Картины природы в романе Каррьера очеловечены, насыщены тем настроением, которым живет в данный момент человек, но они при этом написаны и «сами по себе», в них не ощущаешь нарочитой заданности, подверстанности настроению, они не навязаны нам. Просто меняется погода, переходят друг в друга краски неба, сменяют друг друга времена года — и меняются пейзажные планы, меняются масштабы картины; меняются, но остается и, при всей символичности этих пейзажей, ощущается нами художническая верность оригиналу, плотность мазка реалистической живописи, тонкая наблюдательность, умение выбрать точное слово, передающее бесчисленные оттенки красок, интонации ветра, ароматы цветущих или выжженных склонов, звуки лета, весны, осени и зимы.

Здесь есть свой высокий пафос, своя патетика, идущая от восхищения могуществом природы, от любви к родной земле. Пафос любви и любования неотделим от трагического пафоса горечи и унижения человека, которому природа приносит не только радость, но горе, несчастье, беду. Неповторимость этих вариаций пейзажа связана в романе Жана Каррьера с неповторимостью внутреннего облика каждого персонажа, чьими глазами в каждый данный момент смотрим мы на севеннский пейзаж.

От лица автора пейзаж дается не совсем так, как, скажем, от лица доктора Стефана, а старый Рейлан, по прозвищу «Молчальник», видит горы и небо особо, по-своему, вовсе не так, как его сыновья; да и старший из них, Абель, понимает и видит природу иначе, чем его младший брат Жозеф.

Собственно авторские картины природы пересыпаны комментариями, говорящими о тщете человеческих усилий перед лицом непостижимой природы. «Здесь царствуют минералы, и, как бы ни стрекотали доведенные до белого каления насекомые, их стрекотание какое-то неживое, металлическое и тоже будто относится к этому минеральному царству… Когда… видишь, насколько хватает взгляд, только нагромождение рассыпанных вслепую камней, то и не будучи философом… ощутишь свое ничтожество перед мертвой необъятностью…» Резкость и суровость пейзажа перекликается тут с обреченностью людей, живущих в этих проклятых богом местах, где «о возрасте знают только — молод ты или стар: условия жизни не допускают половинчатости».

А ведь было время, когда для братьев Рейланов, тогда еще совсем молодых, эта крутая и неприветливая природа не была злой мачехой, когда «летняя жара и зимняя стужа, благодаря своей несхожести, были для них сами по себе преисполнены приключениями…» «Воздух… пьянил их сильнее вина», и даже запахи чахлой травы будили их молодую кровь. А отец их, Молчальник, всегда, до старости лет, до самой смерти своей чувствовал, как пьянит его родная природа. Его никогда не покидало ощущение полноты бытия, «сурового успокоения, которое он испытывал, соединяя свои усилия с усилиями лошади, вспарывая жнивье, вскрывая бесплодную, изжаренную, растрескавшуюся поверхность земли… под которой плененная жизнь молчаливо ожидает воздуха, дождя и солнца, чтобы вновь возродиться в хрупких трепещущих стеблях…».

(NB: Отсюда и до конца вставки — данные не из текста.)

-- ===== src/Lib.antt =====
-- A model of hypr-taskspace, the daemon and tools that give every task its own set of Hyprland
-- workspaces ("taskspace").
--
-- The parts and the files that model them. All sources are in crates/tsk-core/src.
--   Models          models.rs: the session state with its tasks and window records, the taskspace key;
--                   Models/Order the orders of tasks, Models/Slug slugify.
--   Workspaces      workspaces.rs: names of workspaces, their slots and their owners, the names of a
--                   taskspace, and how a name that Hyprland reports is mapped to a name of the bar.
--   TaskIds         task_ids.rs: short ids and the lookup of a task by id, name or prefix.
--   Host            the parameter that stands for Hyprland, the clock and the files, and the monad of
--                   the operations (see below); the records Monitor and HyprWindow of hyprland.rs.
--   ContextSync     context_sync.rs: following the workspace in focus.
--   Nav             workspace_nav.rs, in the files Nav/Slots (slots of workspaces and monitors),
--                   Nav/Layout (remembered layouts), Nav/Refresh (refresh_monitor_slots), Nav/Go
--                   (going to a workspace), Nav/Restore (sync_monitors_to_taskspace), Nav/Hotplug
--                   (new monitors), Nav/OnStart (preferred_on_start_monitor) and Nav/Switch
--                   (set_taskspace).
--   HyprlandEvents  hyprland_events.rs: lines and events of Hyprland's socket, read in chunks.
--   SwitchGuard     taskspace_switch_guard.rs: ignoring the echo of a switch.
--   Slots           workspace_slots.rs: the cache of workspace names that key bindings read.
--   Taskspaces      taskspaces.rs: how many workspaces the bar shows.
--   WindowRegistry  window_registry.rs: windows and their home workspaces.
--   Registry        registry.rs: storing a map in a table and loading it, over a table as SQLite keeps
--                   it; Registry/Again reading it another time, Registry/Tasks the rows of
--                   tasks, Registry/RoundTrip both together,
--                   Registry/State the whole session with its row and the windows.
--   TaskCleanup     task_cleanup.rs: the windows and containers of a task, and what the session
--                   forgets with it.
--   Config          config.rs: the settings that the service reads.
--   Service         service.rs: loading, storing and external events; in its children
--                   Service/Workspaces the start and the monitors, Service/Keys what key bindings call,
--                   Service/Tasks switching, archiving, restoring, renaming and deleting,
--                   Service/Create new tasks and their ids (registry.rs, models.rs), Service/Queries the
--                   lists, Service/Reboot the archive after a reboot (boot_id.rs). Service/Steps has
--                   the operations as a step relation. Service/External, Service/Archiving,
--                   Service/Switching, Service/Answers, Service/Reboot/Laws and Service/Create/Fresh
--                   say what the operations do.
--   Valid           when a session is valid, and that each operation leads from valid sessions to valid
--                   ones: Valid/Sync, Valid/Nav and Valid/Windows for the steps on a session,
--                   Valid/Daemon and Valid/Rules the rules for operations, Valid/Events, Valid/Keys,
--                   Valid/Tasks, Valid/Archive and Valid/Lifecycle the operations, Valid/Reach all of
--                   them together.
--   Prelude         helpers: lists, integers, text, decimal numbers, maps.
--   Tests           a sample session, and the theorems applied to it.
--
-- How state is modelled. A session is a record, passed from step to step. A function that takes
-- `&mut SessionState` or talks to the compositor is a function on `Env`: the session, the world, the
-- last intentional switch and the time of the last hotplug (the two static variables). The world and
-- every call that leaves the library (hyprctl, the clock, files, sockets) are fields of the record
-- `System`, about which nothing is assumed but what a theorem names as a condition: the theorems hold
-- for every answer it may give. The order of the calls is the order of the source, and a call that the
-- source makes twice may answer differently the second time.
--
-- An operation of the service is a function on `Daemon`: such an `Env` and the session that is in the
-- database. It loads the stored session, works on this copy and stores it again, so that a failure on
-- the way leaves the stored session as it was. Whether a load, a store or the runtime directory fails
-- is an answer of `System`. The answer of an operation is a value, an error with its message, or a
-- failure of the database or of a process. The daemon runs operations one at a time, under a lock; the
-- step relation of Service/Steps has a step for each hold of the lock. A request to archive a task
-- (daemon/server.rs) holds it twice, with the teardown in between, so that other operations may come
-- in between: its halves and the teardown are steps of their own, and anything outside may change
-- between two steps. Browsers, containers, checkouts, hooks and the files of a task are fields of
-- `System` too.
--
-- How data is modelled. A string is the list of its code points (its letters are compared by ASCII
-- case, as `eq_ignore_ascii_case` does). `u32` and `usize` are natural numbers: where a number is
-- parsed the bound 2^32 - 1 is tested, and theorems that need it name it. `i32` is an integer without
-- bound; `as u32` wraps. A HashMap is an association list, whose order stands for the map's order of
-- iteration; lookups, inserts and retains are those of the map. Ids are ASCII, so that a byte index into
-- an id is an index into its list. Of Rust's `to_lowercase` and `trim`, which are parameters, nothing is
-- assumed. A path is a text; where it is stored in the database it goes through `to_string_lossy`, a
-- parameter, and theorems about it ask for paths that this leaves as they are. So do the bytes that are
-- read from Hyprland's socket through `String::from_utf8_lossy`. In Registry each pass over the table
-- of tasks has a clock of its own, for the rows whose instants cannot be read.
--
-- Loops are recursion on the list that they go over. The retries of list_monitors_with_retry and the
-- passes of restore_monitor_targets are counted by the source too, so no fuel is added.
--
-- Not modelled: logging, threads and locks, the daemon's sockets, the command line, TUI and bar, git,
-- containers, browsers and the installer; of the database the schema and its migrations (in
-- Service a load gives what was stored last, with the slots of the settings; Registry says under which
-- conditions); of service.rs the checkout of a new task, the handoff operations, opening terminals,
-- editors and browsers, and the menu; of workspaces.rs bar_occupied_names.
pub mod Prelude
pub mod Config
pub mod Models
pub mod Workspaces
pub mod TaskIds
pub mod Host
pub mod Nav
pub mod ContextSync
pub mod HyprlandEvents
pub mod SwitchGuard
pub mod Slots
pub mod Taskspaces
pub mod WindowRegistry
pub mod Valid
pub mod TaskCleanup
pub mod Registry
pub mod Service
pub mod Tests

Эти минуты прозрения, понимания единства с природой, общности нашего, человеческого, и ее, природы, предназначения — помогать вечному продолжению жизни на земле, — оказываются в романе вершинными точками, они выражают самую главную и высокую истину, рядом с которой взаимное непонимание человека и природы, их глухая вражда выглядят лишь досадным недоразумением…

Абель Рейлан унаследовал от отца могучую тягу к родной земле. Судьба отца была трагична и прекрасна, как прекрасна его смерть в слиянии с природой. Судьба старшего сына, Абеля Рейлана, тоже трагична и тоже прекрасна в своем порыве к жизни, воде. Трагична судьба матери (Как ее звали, Жюльеттой? — спросит на похоронах доктор. И сын смущенно молчит…), она пала жертвой этого рока, этой нищенской жизни и беспросветной нужды, жертвой собственной слепой материнской любви.